(PROBLEM TO SOLVE): Print each line from the start of the records below up through the line where "abbrev pub one_further : Option ℕ → Option ℕ" is found, exactly as given.

(MATERIAL FOR THIS EXERCISE):
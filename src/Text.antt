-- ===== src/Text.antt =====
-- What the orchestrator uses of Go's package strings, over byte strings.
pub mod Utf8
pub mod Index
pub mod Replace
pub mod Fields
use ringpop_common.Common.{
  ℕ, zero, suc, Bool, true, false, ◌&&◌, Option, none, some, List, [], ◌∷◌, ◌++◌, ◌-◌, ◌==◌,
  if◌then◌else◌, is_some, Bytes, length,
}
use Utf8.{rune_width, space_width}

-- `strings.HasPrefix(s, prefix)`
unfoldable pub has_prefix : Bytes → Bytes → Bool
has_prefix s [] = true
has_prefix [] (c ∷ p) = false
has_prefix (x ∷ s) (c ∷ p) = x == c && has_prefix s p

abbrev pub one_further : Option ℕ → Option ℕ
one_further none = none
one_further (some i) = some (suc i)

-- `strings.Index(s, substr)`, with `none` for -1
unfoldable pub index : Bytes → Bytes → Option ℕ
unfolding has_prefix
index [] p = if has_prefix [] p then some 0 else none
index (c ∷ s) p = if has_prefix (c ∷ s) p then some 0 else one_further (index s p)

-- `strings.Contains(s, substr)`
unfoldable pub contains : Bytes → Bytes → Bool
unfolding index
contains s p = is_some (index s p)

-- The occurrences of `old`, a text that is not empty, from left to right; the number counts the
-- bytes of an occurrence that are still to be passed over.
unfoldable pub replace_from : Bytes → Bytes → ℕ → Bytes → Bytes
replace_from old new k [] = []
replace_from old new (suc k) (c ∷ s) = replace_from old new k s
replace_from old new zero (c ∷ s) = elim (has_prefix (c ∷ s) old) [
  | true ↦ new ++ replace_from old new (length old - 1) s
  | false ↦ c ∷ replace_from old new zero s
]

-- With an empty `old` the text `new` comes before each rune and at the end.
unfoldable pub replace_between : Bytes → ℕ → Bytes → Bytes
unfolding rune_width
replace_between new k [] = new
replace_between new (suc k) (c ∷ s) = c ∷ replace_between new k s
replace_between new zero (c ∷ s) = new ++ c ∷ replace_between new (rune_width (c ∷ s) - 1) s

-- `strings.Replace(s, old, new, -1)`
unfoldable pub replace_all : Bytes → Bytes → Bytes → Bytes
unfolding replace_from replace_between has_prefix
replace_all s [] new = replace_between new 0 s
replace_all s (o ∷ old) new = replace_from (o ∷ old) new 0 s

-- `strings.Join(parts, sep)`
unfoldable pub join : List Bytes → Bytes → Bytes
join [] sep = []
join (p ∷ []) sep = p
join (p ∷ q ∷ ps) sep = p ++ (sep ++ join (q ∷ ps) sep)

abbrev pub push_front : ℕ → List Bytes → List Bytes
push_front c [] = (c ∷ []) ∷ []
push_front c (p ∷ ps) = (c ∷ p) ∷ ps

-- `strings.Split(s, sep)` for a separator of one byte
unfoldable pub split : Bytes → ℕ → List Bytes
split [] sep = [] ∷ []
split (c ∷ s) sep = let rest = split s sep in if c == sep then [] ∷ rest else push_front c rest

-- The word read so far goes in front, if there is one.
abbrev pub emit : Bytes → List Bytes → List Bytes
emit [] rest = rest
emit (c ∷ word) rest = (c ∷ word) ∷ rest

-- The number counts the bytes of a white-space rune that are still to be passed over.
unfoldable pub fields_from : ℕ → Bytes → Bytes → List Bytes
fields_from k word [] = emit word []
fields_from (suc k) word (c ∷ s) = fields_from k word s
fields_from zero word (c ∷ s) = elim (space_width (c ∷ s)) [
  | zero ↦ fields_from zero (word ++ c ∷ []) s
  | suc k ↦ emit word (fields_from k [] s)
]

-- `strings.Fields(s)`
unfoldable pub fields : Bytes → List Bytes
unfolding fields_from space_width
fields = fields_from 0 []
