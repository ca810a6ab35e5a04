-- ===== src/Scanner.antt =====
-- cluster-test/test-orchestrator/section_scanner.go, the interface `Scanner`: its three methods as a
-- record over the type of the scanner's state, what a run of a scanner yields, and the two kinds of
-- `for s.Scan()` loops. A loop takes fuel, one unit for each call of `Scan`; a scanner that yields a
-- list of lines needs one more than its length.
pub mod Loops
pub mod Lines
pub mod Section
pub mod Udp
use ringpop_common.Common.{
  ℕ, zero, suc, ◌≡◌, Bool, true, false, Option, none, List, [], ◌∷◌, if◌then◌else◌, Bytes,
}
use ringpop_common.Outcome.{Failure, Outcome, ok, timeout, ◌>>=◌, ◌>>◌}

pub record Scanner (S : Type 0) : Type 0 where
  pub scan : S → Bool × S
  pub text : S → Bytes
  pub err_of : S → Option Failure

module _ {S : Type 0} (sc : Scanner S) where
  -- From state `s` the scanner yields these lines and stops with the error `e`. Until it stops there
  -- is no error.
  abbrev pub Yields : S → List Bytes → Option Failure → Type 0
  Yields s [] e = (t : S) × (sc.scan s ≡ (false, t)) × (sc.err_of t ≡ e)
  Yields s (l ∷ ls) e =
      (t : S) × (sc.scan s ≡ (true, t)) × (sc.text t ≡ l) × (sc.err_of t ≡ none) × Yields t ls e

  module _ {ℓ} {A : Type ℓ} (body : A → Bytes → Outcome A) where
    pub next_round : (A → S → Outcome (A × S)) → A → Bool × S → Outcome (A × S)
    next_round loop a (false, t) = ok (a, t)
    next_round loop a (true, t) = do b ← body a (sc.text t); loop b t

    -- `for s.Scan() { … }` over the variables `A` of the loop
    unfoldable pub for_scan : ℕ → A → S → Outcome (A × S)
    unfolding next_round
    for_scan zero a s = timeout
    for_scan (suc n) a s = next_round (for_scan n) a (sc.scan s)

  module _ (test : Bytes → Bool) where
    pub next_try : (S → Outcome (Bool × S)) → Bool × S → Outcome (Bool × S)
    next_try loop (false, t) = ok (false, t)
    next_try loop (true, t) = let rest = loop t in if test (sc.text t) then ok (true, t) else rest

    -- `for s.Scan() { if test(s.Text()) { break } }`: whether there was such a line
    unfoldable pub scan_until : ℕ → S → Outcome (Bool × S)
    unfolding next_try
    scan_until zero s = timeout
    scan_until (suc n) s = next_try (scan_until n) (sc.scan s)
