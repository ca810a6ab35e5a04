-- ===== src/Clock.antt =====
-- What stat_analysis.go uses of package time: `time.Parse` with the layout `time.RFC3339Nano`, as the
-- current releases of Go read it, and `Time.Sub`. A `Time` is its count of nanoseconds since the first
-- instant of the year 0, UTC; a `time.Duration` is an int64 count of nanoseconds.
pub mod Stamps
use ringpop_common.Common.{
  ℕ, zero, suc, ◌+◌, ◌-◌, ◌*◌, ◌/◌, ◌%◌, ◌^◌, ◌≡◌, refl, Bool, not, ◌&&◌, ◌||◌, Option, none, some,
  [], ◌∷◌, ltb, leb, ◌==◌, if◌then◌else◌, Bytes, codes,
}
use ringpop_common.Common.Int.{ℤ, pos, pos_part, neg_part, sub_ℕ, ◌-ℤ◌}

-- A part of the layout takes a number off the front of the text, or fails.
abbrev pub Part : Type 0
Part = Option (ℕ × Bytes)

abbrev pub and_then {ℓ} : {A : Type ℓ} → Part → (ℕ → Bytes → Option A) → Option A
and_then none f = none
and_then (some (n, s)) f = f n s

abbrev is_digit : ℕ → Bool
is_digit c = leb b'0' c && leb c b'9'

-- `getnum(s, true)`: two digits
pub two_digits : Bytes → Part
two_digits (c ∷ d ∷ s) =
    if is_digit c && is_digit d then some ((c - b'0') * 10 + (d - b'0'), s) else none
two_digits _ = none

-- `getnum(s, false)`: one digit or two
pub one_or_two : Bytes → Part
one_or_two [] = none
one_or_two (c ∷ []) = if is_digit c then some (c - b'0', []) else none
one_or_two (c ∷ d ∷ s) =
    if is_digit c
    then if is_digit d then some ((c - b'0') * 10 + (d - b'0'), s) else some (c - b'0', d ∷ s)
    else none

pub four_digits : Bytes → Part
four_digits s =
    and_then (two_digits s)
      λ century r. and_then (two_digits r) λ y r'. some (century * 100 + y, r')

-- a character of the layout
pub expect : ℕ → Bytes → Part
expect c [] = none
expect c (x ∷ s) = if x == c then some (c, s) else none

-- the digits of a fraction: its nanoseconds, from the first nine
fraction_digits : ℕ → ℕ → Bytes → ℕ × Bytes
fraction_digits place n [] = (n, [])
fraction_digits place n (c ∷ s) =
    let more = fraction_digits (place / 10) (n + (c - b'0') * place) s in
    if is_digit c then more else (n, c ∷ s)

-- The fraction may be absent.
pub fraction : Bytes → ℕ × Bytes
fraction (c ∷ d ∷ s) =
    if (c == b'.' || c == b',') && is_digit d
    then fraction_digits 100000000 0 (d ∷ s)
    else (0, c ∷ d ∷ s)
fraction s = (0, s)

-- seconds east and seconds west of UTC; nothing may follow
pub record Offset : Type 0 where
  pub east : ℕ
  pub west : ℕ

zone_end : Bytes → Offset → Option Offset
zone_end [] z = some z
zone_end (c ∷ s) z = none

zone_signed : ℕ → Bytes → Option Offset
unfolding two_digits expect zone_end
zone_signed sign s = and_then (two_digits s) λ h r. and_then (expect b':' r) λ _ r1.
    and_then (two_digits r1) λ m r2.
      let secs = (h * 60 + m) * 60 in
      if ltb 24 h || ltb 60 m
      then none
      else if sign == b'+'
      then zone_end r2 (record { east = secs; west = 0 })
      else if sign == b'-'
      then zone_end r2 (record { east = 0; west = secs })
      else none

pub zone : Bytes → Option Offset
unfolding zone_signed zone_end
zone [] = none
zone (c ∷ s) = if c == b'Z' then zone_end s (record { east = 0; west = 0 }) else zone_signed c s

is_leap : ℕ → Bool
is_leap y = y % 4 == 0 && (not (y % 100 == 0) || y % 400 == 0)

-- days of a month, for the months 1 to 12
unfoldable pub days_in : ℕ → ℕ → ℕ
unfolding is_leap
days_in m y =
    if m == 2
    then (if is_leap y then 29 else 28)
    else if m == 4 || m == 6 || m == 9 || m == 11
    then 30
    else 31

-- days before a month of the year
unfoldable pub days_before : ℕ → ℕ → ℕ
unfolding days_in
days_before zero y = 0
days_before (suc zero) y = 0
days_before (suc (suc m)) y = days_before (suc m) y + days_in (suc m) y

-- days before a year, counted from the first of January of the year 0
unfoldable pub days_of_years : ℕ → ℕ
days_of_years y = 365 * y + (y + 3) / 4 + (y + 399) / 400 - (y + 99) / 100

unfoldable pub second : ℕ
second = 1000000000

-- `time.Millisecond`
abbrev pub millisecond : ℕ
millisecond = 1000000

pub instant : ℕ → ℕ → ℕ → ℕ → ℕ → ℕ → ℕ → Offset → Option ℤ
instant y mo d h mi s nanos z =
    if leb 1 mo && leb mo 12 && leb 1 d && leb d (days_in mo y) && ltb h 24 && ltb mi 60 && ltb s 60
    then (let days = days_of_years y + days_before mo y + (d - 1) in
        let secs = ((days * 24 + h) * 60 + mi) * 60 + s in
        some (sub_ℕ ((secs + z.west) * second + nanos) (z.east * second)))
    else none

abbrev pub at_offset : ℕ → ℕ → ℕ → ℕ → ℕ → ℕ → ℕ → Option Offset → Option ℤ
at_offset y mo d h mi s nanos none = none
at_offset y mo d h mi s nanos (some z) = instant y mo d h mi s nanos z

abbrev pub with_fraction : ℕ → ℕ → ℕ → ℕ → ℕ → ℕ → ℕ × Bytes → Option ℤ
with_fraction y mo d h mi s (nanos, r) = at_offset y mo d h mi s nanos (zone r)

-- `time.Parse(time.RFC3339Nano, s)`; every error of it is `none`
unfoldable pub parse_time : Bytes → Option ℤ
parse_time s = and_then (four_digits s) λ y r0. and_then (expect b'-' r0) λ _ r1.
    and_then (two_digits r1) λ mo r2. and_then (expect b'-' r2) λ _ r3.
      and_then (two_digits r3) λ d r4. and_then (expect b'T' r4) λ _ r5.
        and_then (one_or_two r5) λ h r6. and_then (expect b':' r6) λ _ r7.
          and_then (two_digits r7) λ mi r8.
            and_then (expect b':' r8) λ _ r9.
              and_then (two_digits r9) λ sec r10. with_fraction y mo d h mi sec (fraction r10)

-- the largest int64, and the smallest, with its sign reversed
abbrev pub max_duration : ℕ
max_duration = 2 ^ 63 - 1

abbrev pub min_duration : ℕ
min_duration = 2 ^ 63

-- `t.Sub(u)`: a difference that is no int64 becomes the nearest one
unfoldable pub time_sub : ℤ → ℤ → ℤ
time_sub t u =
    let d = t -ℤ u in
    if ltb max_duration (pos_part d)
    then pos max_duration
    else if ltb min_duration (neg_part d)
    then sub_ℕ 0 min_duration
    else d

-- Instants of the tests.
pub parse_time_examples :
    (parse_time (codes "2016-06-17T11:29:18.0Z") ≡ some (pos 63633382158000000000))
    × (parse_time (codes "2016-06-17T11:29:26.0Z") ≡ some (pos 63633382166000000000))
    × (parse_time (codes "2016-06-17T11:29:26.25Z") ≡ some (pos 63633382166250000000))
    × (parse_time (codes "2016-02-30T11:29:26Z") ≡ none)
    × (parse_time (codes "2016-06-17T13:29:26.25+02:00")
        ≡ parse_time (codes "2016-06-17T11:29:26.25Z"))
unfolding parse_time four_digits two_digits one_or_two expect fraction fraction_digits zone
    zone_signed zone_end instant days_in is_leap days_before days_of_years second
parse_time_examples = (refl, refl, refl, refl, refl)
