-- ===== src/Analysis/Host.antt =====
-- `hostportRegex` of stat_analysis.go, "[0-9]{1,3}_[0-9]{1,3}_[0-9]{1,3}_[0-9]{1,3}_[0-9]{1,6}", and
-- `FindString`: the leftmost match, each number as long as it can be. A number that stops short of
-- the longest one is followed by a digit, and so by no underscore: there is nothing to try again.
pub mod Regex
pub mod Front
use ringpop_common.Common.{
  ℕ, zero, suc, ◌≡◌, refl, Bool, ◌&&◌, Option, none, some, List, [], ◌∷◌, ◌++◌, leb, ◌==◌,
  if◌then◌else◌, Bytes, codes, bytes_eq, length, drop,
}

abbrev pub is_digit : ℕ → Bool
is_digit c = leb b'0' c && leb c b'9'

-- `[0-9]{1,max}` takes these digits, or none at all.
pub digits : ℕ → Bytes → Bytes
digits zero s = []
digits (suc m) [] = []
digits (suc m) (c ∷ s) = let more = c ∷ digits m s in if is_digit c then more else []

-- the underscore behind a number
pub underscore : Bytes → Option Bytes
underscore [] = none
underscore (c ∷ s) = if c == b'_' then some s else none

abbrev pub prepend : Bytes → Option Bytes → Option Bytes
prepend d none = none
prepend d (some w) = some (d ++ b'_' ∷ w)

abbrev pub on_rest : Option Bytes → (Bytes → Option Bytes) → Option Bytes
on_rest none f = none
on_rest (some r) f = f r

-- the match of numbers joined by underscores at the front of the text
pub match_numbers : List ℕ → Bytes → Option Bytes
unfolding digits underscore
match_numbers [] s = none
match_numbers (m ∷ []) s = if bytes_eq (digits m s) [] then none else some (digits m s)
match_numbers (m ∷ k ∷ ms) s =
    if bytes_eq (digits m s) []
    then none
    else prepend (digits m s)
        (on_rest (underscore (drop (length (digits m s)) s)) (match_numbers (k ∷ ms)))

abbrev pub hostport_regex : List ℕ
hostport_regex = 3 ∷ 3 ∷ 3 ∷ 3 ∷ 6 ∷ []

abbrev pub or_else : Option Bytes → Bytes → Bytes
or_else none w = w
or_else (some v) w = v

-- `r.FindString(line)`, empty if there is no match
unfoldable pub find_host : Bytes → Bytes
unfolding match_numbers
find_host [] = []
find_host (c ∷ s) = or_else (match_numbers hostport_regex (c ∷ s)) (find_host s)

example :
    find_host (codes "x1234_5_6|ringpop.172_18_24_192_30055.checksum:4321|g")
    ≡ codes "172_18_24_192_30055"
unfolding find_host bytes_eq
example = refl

(SOLUTION TO THIS PROBLEM):
filename src/Text.antt
-- ===== src/Text.antt =====
-- What the orchestrator uses of Go's package strings, over byte strings.
pub mod Utf8
pub mod Index
pub mod Replace
pub mod Fields
use ringpop_common.Common.{
  ℕ, zero, suc, Bool, true, false, ◌&&◌, Option, none, some, List, [], ◌∷◌, ◌++◌, ◌-◌, ◌==◌,
  if◌then◌else◌, is_some, Bytes, length,
}
use Utf8.{rune_width, space_width}

-- `strings.HasPrefix(s, prefix)`
unfoldable pub has_prefix : Bytes → Bytes → Bool
has_prefix s [] = true
has_prefix [] (c ∷ p) = false
has_prefix (x ∷ s) (c ∷ p) = x == c && has_prefix s p

abbrev pub one_further : Option ℕ → Option ℕ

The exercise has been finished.